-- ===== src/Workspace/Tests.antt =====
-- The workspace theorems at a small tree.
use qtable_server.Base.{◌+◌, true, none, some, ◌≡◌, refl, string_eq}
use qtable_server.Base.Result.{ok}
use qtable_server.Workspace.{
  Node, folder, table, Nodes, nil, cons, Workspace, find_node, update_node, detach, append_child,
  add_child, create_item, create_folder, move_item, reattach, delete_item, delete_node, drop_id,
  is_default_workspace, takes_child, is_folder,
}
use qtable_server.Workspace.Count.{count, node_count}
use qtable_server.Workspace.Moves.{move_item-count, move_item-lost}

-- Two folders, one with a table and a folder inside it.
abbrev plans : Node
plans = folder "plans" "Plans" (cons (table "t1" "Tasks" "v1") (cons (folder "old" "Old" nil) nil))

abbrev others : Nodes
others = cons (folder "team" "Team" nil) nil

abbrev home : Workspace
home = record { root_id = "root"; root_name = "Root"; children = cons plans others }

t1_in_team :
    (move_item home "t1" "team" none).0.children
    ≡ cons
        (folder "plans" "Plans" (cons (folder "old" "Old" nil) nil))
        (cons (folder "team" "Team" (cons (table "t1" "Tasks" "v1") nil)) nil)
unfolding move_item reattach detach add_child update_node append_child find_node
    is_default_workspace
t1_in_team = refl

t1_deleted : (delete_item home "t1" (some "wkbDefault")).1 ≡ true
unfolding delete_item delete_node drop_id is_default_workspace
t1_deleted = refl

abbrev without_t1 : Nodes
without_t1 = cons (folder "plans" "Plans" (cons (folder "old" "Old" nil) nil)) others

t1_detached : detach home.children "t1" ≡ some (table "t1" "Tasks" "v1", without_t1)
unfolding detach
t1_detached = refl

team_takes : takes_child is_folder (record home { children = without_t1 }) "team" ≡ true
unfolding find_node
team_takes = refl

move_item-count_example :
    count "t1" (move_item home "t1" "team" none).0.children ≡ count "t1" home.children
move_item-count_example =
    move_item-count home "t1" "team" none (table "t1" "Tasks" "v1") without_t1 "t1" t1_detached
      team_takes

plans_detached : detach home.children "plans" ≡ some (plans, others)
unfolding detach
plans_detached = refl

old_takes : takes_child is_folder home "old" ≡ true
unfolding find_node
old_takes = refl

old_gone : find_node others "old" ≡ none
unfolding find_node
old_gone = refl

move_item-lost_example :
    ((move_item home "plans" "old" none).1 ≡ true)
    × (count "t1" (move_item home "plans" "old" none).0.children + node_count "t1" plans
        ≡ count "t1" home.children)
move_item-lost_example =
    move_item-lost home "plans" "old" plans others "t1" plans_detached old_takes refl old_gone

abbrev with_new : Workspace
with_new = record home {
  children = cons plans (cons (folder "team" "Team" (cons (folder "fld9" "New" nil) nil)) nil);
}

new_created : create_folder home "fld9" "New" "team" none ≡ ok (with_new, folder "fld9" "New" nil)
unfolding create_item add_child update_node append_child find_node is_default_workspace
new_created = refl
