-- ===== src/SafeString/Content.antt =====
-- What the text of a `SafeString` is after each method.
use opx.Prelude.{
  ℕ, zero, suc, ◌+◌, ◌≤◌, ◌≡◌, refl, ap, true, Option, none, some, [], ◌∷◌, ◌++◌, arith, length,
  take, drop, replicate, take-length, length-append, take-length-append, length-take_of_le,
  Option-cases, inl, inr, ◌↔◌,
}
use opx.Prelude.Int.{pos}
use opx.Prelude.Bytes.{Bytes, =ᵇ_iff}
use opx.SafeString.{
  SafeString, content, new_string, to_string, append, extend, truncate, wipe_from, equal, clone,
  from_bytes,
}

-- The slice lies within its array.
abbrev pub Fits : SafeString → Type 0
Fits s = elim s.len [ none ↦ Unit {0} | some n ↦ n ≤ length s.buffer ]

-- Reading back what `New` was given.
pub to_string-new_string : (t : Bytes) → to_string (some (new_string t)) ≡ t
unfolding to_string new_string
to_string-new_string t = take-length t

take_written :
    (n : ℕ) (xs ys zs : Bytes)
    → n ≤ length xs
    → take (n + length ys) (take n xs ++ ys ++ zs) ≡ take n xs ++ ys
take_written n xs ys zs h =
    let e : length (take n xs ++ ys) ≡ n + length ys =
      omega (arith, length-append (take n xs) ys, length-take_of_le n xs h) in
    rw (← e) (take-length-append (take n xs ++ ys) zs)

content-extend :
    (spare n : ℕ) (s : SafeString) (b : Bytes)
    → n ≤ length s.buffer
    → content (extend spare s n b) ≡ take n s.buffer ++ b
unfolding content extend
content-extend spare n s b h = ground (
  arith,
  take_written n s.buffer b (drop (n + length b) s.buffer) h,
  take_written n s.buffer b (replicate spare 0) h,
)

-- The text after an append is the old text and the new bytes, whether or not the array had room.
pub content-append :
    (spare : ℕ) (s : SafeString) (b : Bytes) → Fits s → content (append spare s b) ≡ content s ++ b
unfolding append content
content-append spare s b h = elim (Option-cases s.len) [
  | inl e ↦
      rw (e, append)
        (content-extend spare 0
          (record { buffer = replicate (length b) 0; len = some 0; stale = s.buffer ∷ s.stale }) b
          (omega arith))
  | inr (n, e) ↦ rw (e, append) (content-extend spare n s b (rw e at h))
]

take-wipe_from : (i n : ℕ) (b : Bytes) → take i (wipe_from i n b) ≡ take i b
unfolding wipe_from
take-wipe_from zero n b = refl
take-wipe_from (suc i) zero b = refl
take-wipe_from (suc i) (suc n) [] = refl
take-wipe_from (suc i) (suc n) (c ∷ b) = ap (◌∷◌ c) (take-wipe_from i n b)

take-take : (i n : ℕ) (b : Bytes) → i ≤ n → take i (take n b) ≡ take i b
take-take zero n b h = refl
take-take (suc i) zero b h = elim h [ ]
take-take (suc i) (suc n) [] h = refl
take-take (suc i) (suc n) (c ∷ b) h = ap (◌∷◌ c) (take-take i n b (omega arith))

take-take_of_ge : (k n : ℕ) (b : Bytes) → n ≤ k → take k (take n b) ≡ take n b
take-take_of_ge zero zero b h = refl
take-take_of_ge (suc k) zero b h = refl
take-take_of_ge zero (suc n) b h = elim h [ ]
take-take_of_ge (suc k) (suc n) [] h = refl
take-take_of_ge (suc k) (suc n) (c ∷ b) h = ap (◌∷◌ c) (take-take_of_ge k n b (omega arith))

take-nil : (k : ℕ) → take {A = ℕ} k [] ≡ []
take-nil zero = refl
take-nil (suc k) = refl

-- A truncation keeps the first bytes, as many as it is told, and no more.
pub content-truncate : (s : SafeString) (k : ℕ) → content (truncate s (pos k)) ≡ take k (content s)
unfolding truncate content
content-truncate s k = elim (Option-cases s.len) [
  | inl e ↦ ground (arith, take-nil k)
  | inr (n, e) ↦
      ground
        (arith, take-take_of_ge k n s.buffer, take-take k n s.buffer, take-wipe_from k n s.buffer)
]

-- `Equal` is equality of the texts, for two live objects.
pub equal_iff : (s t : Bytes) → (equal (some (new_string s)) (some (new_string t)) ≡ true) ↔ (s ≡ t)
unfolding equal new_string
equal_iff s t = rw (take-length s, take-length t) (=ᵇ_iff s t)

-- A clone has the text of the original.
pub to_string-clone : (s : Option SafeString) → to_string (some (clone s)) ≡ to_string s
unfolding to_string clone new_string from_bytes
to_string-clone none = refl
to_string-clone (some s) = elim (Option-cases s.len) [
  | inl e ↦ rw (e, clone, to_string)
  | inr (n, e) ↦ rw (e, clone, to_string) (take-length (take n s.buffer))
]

**Prompt:** Give every part of the material again, exactly as written.

**Answer below:**
-- ===== src/Workspace/Tests.antt =====
-- The workspace theorems at a small tree.
use qtable_server.Base.{◌+◌, true, none, some, ◌≡◌, refl, string_eq}
use qtable_server.Base.Result.{ok}
use qtable_server.Workspace.{
  Node, folder, table, Nodes, nil, cons, Workspace, find_node, update_node, detach, append_child,
  add_child, create_item, create_folder, move_item, reattach, delete_item, delete_node, drop_id,
  is_default_workspace, takes_child, is_folder,
}
use qtable_server.Workspace.Count.{count, node_count}
use qtable_server.Workspace.Moves.{move_item-count, move_item-lost}

-- Two folders, one with a table and a folder inside it.
abbrev plans : Node
plans = folder "plans" "Plans" (cons (table "t1" "Tasks" "v1") (cons (folder "old" "Old" nil) nil))

abbrev others : Nodes
others = cons (folder "team" "Team" nil) nil

abbrev home : Workspace
home = record { root_id = "root"; root_name = "Root"; children = cons plans others }

t1_in_team :
    (move_item home "t1" "team" none).0.children
    ≡ cons
        (folder "plans" "Plans" (cons (folder "old" "Old" nil) nil))
        (cons (folder "team" "Team" (cons (table "t1" "Tasks" "v1") nil)) nil)
unfolding move_item reattach detach add_child update_node append_child find_node
    is_default_workspace
t1_in_team = refl

t1_deleted : (delete_item home "t1" (some "wkbDefault")).1 ≡ true
unfolding delete_item delete_node drop_id is_default_workspace
t1_deleted = refl

abbrev without_t1 : Nodes
without_t1 = cons (folder "plans" "Plans" (cons (folder "old" "Old" nil) nil)) others

t1_detached : detach home.children "t1" ≡ some (table "t1" "Tasks" "v1", without_t1)
unfolding detach
t1_detached = refl

team_takes : takes_child is_folder (record home { children = without_t1 }) "team" ≡ true
unfolding find_node
team_takes = refl

move_item-count_example :
    count "t1" (move_item home "t1" "team" none).0.children ≡ count "t1" home.children
move_item-count_example =
    move_item-count home "t1" "team" none (table "t1" "Tasks" "v1") without_t1 "t1" t1_detached
      team_takes

plans_detached : detach home.children "plans" ≡ some (plans, others)
unfolding detach
plans_detached = refl

old_takes : takes_child is_folder home "old" ≡ true
unfolding find_node
old_takes = refl

old_gone : find_node others "old" ≡ none
unfolding find_node
old_gone = refl

move_item-lost_example :
    ((move_item home "plans" "old" none).1 ≡ true)
    × (count "t1" (move_item home "plans" "old" none).0.children + node_count "t1" plans
        ≡ count "t1" home.children)
move_item-lost_example =
    move_item-lost home "plans" "old" plans others "t1" plans_detached old_takes refl old_gone

abbrev with_new : Workspace
with_new = record home {
  children = cons plans (cons (folder "team" "Team" (cons (folder "fld9" "New" nil) nil)) nil);
}

new_created : create_folder home "fld9" "New" "team" none ≡ ok (with_new, folder "fld9" "New" nil)
unfolding create_item add_child update_node append_child find_node is_default_workspace
new_created = refl
-- ===== src/SafeString/Content.antt =====
-- What the text of a `SafeString` is after each method.
use opx.Prelude.{
  ℕ, zero, suc, ◌+◌, ◌≤◌, ◌≡◌, refl, ap, true, Option, none, some, [], ◌∷◌, ◌++◌, arith, length,
  take, drop, replicate, take-length, length-append, take-length-append, length-take_of_le,
  Option-cases, inl, inr, ◌↔◌,
}
use opx.Prelude.Int.{pos}
use opx.Prelude.Bytes.{Bytes, =ᵇ_iff}
use opx.SafeString.{
  SafeString, content, new_string, to_string, append, extend, truncate, wipe_from, equal, clone,
  from_bytes,
}

-- The slice lies within its array.
abbrev pub Fits : SafeString → Type 0
Fits s = elim s.len [ none ↦ Unit {0} | some n ↦ n ≤ length s.buffer ]

-- Reading back what `New` was given.
pub to_string-new_string : (t : Bytes) → to_string (some (new_string t)) ≡ t
unfolding to_string new_string
to_string-new_string t = take-length t

take_written :
    (n : ℕ) (xs ys zs : Bytes)
    → n ≤ length xs
    → take (n + length ys) (take n xs ++ ys ++ zs) ≡ take n xs ++ ys
take_written n xs ys zs h =
    let e : length (take n xs ++ ys) ≡ n + length ys =
      omega (arith, length-append (take n xs) ys, length-take_of_le n xs h) in
    rw (← e) (take-length-append (take n xs ++ ys) zs)

content-extend :
    (spare n : ℕ) (s : SafeString) (b : Bytes)
    → n ≤ length s.buffer
    → content (extend spare s n b) ≡ take n s.buffer ++ b
unfolding content extend
content-extend spare n s b h = ground (
  arith,
  take_written n s.buffer b (drop (n + length b) s.buffer) h,
  take_written n s.buffer b (replicate spare 0) h,
)

-- The text after an append is the old text and the new bytes, whether or not the array had room.
pub content-append :
    (spare : ℕ) (s : SafeString) (b : Bytes) → Fits s → content (append spare s b) ≡ content s ++ b
unfolding append content
content-append spare s b h = elim (Option-cases s.len) [
  | inl e ↦
      rw (e, append)
        (content-extend spare 0
          (record { buffer = replicate (length b) 0; len = some 0; stale = s.buffer ∷ s.stale }) b
          (omega arith))
  | inr (n, e) ↦ rw (e, append) (content-extend spare n s b (rw e at h))
]

take-wipe_from : (i n : ℕ) (b : Bytes) → take i (wipe_from i n b) ≡ take i b
unfolding wipe_from
take-wipe_from zero n b = refl
take-wipe_from (suc i) zero b = refl
take-wipe_from (suc i) (suc n) [] = refl
take-wipe_from (suc i) (suc n) (c ∷ b) = ap (◌∷◌ c) (take-wipe_from i n b)

take-take : (i n : ℕ) (b : Bytes) → i ≤ n → take i (take n b) ≡ take i b
take-take zero n b h = refl
take-take (suc i) zero b h = elim h [ ]
take-take (suc i) (suc n) [] h = refl
take-take (suc i) (suc n) (c ∷ b) h = ap (◌∷◌ c) (take-take i n b (omega arith))

take-take_of_ge : (k n : ℕ) (b : Bytes) → n ≤ k → take k (take n b) ≡ take n b
take-take_of_ge zero zero b h = refl
take-take_of_ge (suc k) zero b h = refl
take-take_of_ge zero (suc n) b h = elim h [ ]
take-take_of_ge (suc k) (suc n) [] h = refl
take-take_of_ge (suc k) (suc n) (c ∷ b) h = ap (◌∷◌ c) (take-take_of_ge k n b (omega arith))

take-nil : (k : ℕ) → take {A = ℕ} k [] ≡ []
take-nil zero = refl
take-nil (suc k) = refl

-- A truncation keeps the first bytes, as many as it is told, and no more.
pub content-truncate : (s : SafeString) (k : ℕ) → content (truncate s (pos k)) ≡ take k (content s)
unfolding truncate content
content-truncate s k = elim (Option-cases s.len) [
  | inl e ↦ ground (arith, take-nil k)
  | inr (n, e) ↦
      ground
        (arith, take-take_of_ge k n s.buffer, take-take k n s.buffer, take-wipe_from k n s.buffer)
]

-- `Equal` is equality of the texts, for two live objects.
pub equal_iff : (s t : Bytes) → (equal (some (new_string s)) (some (new_string t)) ≡ true) ↔ (s ≡ t)
unfolding equal new_string
equal_iff s t = rw (take-length s, take-length t) (=ᵇ_iff s t)

-- A clone has the text of the original.
pub to_string-clone : (s : Option SafeString) → to_string (some (clone s)) ≡ to_string s
unfolding to_string clone new_string from_bytes
to_string-clone none = refl
to_string-clone (some s) = elim (Option-cases s.len) [
  | inl e ↦ rw (e, clone, to_string)
  | inr (n, e) ↦ rw (e, clone, to_string) (take-length (take n s.buffer))
]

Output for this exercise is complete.